The trustee argues no agreement ever existed between defendant and CDCB. On November 5, 1981, when McGhee signed the letter, he had not been an officer of CDCB for over a year. McGhee had neither actual nor apparent authority to impose legal obligations upon CDCB after October 27, 1980, when CDCB went into receivership. The alleged confirmation letter cannot be binding upon CDCB.

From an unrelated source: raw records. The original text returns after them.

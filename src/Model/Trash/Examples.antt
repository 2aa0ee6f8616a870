-- ===== src/Model/Trash/Examples.antt =====
-- The trash repository (internal/model/mem_repos.go) at concrete entries.
use domus.Prelude.{
  ℕ, Text, codes, pos, true, false, ◌≡◌, ◌≢◌, ◌↔◌, ◌++◌, ◌≤◌, refl, arith, [], ◌∷◌, List, All,
  IsSortedBy, length, drop, str_eq, if◌then◌else◌,
}
use domus.Dict.{lookup, insert, find}
use domus.Model.Result.{ok, err, or_keep, trash_state_conflict}
use domus.Model.Trash.{
  TrashEntry, TrashRepo, state_pending, state_ready, state_restoring, create, get, transition,
  stamp, move_to, trash_key, newer, list,
}
use domus.Model.Trash.Invariant.{IsWf, empty-IsWf, Call, creates, marks_ready, run, trash_run-IsWf}
use domus.Model.Trash.Transitions.{transition_once, get-transition}

abbrev photo : TrashEntry
photo = record {
  id = codes "t1";
  user_id = codes "ann";
  root_inode = pos 7;
  original_path = codes "/photo.jpg";
  original_name = codes "photo.jpg";
  is_dir = false;
  size = pos 1200;
  state = [];
  operation_inode = pos 0;
  operation_path = [];
  target_path = [];
  deleted_at = 0;
  created_at = 0;
  updated_at = 0;
}

abbrev calls : List (Call × ℕ)
calls = (creates photo, 10) ∷ (marks_ready (codes "ann") (codes "t1") (codes "pending"), 11) ∷ []

abbrev stored : TrashRepo
stored = run calls []

abbrev ready : TrashEntry
ready = move_to (codes "ready") (pos 0) [] [] 11 (stamp photo 10)

get-ready : get (codes "ann") (codes "t1") stored ≡ ok ready
unfolding get run lookup domus.Model.Trash.mark_ready transition create find insert
    domus.Prelude.str_eq trash_key stamp domus.Prelude.is_empty state_pending state_ready
get-ready = refl

stored-IsWf : IsWf stored
stored-IsWf = trash_run-IsWf calls [] empty-IsWf

-- Restoring, and then deleting for good: the second transition is refused.
abbrev restoring : TrashRepo
restoring = or_keep stored (
    transition (codes "ann") (codes "t1") (codes "ready") (codes "restoring") (pos 9)
      (codes "/.tmp") (codes "/photo.jpg") 20 stored)

restoring_ok :
    transition
      (codes "ann")
      (codes "t1")
      (codes "ready")
      (codes "restoring")
      (pos 9)
      (codes "/.tmp")
      (codes "/photo.jpg")
      20
      stored
    ≡ ok restoring
unfolding transition lookup run domus.Model.Trash.mark_ready create find insert domus.Prelude.str_eq
    trash_key stamp domus.Prelude.is_empty state_pending move_to state_ready
restoring_ok = refl

restoring≢ready : codes "restoring" ≢ codes "ready"
restoring≢ready h = absurd (ground (arith, h))

transition_once_example :
    transition
      (codes "ann")
      (codes "t1")
      (codes "ready")
      (codes "deleting")
      (pos 7)
      []
      []
      21
      restoring
    ≡ err trash_state_conflict
transition_once_example =
    transition_once (codes "ann") (codes "t1") (codes "ready") (codes "restoring") (pos 9)
      (codes "/.tmp") (codes "/photo.jpg") 20 stored (codes "deleting") (pos 7) [] [] 21
      restoring≢ready restoring_ok

trash_run-IsWf_example : IsWf (run calls [])
trash_run-IsWf_example = trash_run-IsWf calls [] empty-IsWf

get-transition_example : get (codes "ann") (codes "t1") restoring ≡ (
    if str_eq (trash_key (codes "ann") (codes "t1")) (trash_key (codes "ann") (codes "t1"))
    then ok (record ready {
      state = codes "restoring";
      operation_inode = pos 9;
      operation_path = codes "/.tmp";
      target_path = codes "/photo.jpg";
      updated_at = 20;
    })
    else get (codes "ann") (codes "t1") stored)
get-transition_example =
    get-transition (codes "ann") (codes "t1") (codes "ready") (codes "restoring") (pos 9)
      (codes "/.tmp") (codes "/photo.jpg") 20 stored (codes "ann") (codes "t1") ready get-ready
      restoring_ok

-- The same file again, under another id.
abbrev again : TrashEntry
again = record photo { id = codes "t2" }
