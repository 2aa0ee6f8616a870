-- ===== src/Model/User/Identity.antt =====
-- Names as identities of users: what `GetByUsername` returns.
use domus.Prelude.{
  ℕ, Text, str_eq, eq_iff, false, ◌≡◌, ◌↔◌, refl, sym, ◌∙◌, ap, subst, inl, inr, Option-cases, some,
  arith, if◌then◌else◌,
}
use domus.Dict.{lookup, insert, find}
use domus.Dict.Lookup.{lookup-insert, lookup-insert_self}
use domus.Dict.Every.{Every-lookup}
use domus.Dict.Found.{find_sound, find-none}
use domus.Model.Result.{Result, ok, err, record_not_found}
use domus.Model.User.{User, UserRepo, has_username, new_user, create, get_by_id, get_by_username}
use domus.Model.User.Invariant.{IsWf, create-IsWf}

-- On a well-formed repository `GetByUsername` returns exactly the stored user of that name, in
-- whatever order the map is gone through.
get_by_username_iff :
    (name : Text) (u : User) (r : UserRepo)
    → IsWf r
    → (get_by_username name r ≡ ok u) ↔ ((get_by_id u.id r ≡ ok u) × (u.username ≡ name))
unfolding get_by_username get_by_id
get_by_username_iff name u r w = (there, back)
  where
    there : get_by_username name r ≡ ok u → (get_by_id u.id r ≡ ok u) × (u.username ≡ name)
    there h = elim (Option-cases (find (has_username name) r)) [
      | inl n ↦ absurd (ground arith)
      | inr ((k, v), s) ↦
          let (t, l) = find_sound (has_username name) r w.is_map s in
          let same : v ≡ u = ground arith in
          let key : k ≡ u.id = w.keyed k v l ∙ ap (λ (x : User). x.id) same in
          (
            rw (subst (λ x. lookup x r ≡ some v) key l, get_by_id) (ap ok same),
            ap (λ (x : User). x.username) (sym same) ∙ (eq_iff v.username name).0 t,
          )
    ]

    back : (get_by_id u.id r ≡ ok u) × (u.username ≡ name) → get_by_username name r ≡ ok u
    back (g, e) = elim (Option-cases (lookup u.id r)) [
      | inl n ↦ absurd (ground arith)
      | inr (v, l) ↦
          let same : v ≡ u = ground arith in
          elim (Option-cases (find (has_username name) r)) [
            | inl n ↦ absurd (
                ground (
                  arith,
                  eq_iff u.username name,
                  Every-lookup (λ k x. has_username name k x ≡ false) u.id r
                      (find-none (has_username name) r n) (l ∙ ap some same),
                ))
            | inr ((k, x), s) ↦
                let (t, l') = find_sound (has_username name) r w.is_map s in
                let key : k ≡ u.id =
                  w.one_name k u.id x u l' (l ∙ ap some same)
                    ((eq_iff x.username name).0 t ∙ sym e) in
                rw (s, get_by_username) (ground (arith, key, l, l', same))
          ]
    ]

-- `Create` of a user succeeds exactly when no user has the name and the password can be hashed.
create_iff :
    (name : Text) (hash : Result Text) (role kek id : Text) (now : ℕ) (r : UserRepo)
    → ((u : User) × (r' : UserRepo) × (create name hash role kek id now r ≡ ok (u, r')))
      ↔ ((h : Text) × (hash ≡ ok h) × (get_by_username name r ≡ err record_not_found))
unfolding create get_by_username
create_iff name (err e) role kek id now r = (
  (λ (u, r', h). elim (Option-cases (find (has_username name) r)) [
    | inl n ↦ absurd (ground arith)
    | inr (v, s) ↦ absurd (ground arith)
  ]),
  λ (h, e, _). absurd (ground arith),
)
create_iff name (ok p) role kek id now r = (
  (λ (u, r', h). elim (Option-cases (find (has_username name) r)) [
    | inl n ↦ (p, refl, rw (n, get_by_username))
    | inr (v, s) ↦ absurd (ground arith)
  ]),
  λ (h, e, g). elim (Option-cases (find (has_username name) r)) [
    | inl n ↦ (
      new_user id name p role kek now,
      insert id (new_user id name p role kek now) r,
      rw (n, create),
    )
    | inr ((k, v), s) ↦ absurd (ground arith)
  ],
)

create_ok :
    (name : Text) (hash : Result Text) (role kek id : Text) (now : ℕ) (r : UserRepo) {u : User}
    {r' : UserRepo}
    → create name hash role kek id now r ≡ ok (u, r')
    → (u.id ≡ id) × (u.username ≡ name) × (r' ≡ insert id u r)
unfolding create
create_ok name hash role kek id now r h = elim (Option-cases (find (has_username name) r)) [
  | inl n ↦ (ground arith, ground arith, ground arith)
  | inr (v, s) ↦ absurd (ground arith)
]

-- After a `Create` that succeeds on a well-formed repository the new user is returned for its
-- name and for its id, and the users at other ids are as before.
user_get-create :
    (name : Text) (hash : Result Text) (role kek id j : Text) (now : ℕ) (r : UserRepo) {u : User}
    {r' : UserRepo}
    → IsWf r
    → create name hash role kek id now r ≡ ok (u, r')
    → (get_by_username name r' ≡ ok u)
      × (get_by_id j r' ≡ (if str_eq id j then ok u else get_by_id j r))
unfolding get_by_id
user_get-create name hash role kek id j now r {u} {r'} w h =
    let (i, n, s) = create_ok name hash role kek id now r h in
    let w' : IsWf r' = rw h at (create-IsWf name hash role kek id now r w) in
    let found : get_by_id id r' ≡ ok u = rw (s, lookup-insert_self id u r, get_by_id) in
    (
      (get_by_username_iff name u r' w').1 (subst (λ x. get_by_id x r' ≡ ok u) (sym i) found, n),
      rw s (ground (arith, lookup-insert id j u r)),
    )
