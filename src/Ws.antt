-- ===== src/Ws.antt =====
-- The websocket connections (internal/ws): the hub that knows them and the router of their messages.
pub mod Hub
pub mod Router
mod Examples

The trustee will be entitled to partial summary judgment if the record shows there is no genuine issue as to any material fact and he is entitled to judgment as a matter of law. Fed.R.Civ.P. 56 (c); Big O Tire Dealers, Inc. v. Big O Warehouse, 741 F.2d 160, 163 (7th Cir.1984). The court must view the evidence and any reasonable inferences to be drawn therefrom in the light most favorable to defendant, the party opposing the motion. Id. 741 F.2d at 163.

The parties do not dispute Frank McGhee made some form of guarantee against loss or liability. “Reputable members of the industry are not in the habit of making guarantees of this nature to customers.” Ergas v. Bache Halsey Stuart Shields, Inc. [1980-1982 Transfer Binder] Comm. Fut.L.Rep. (CCH) ¶ 21,140 (Painter A.L.J. 1980).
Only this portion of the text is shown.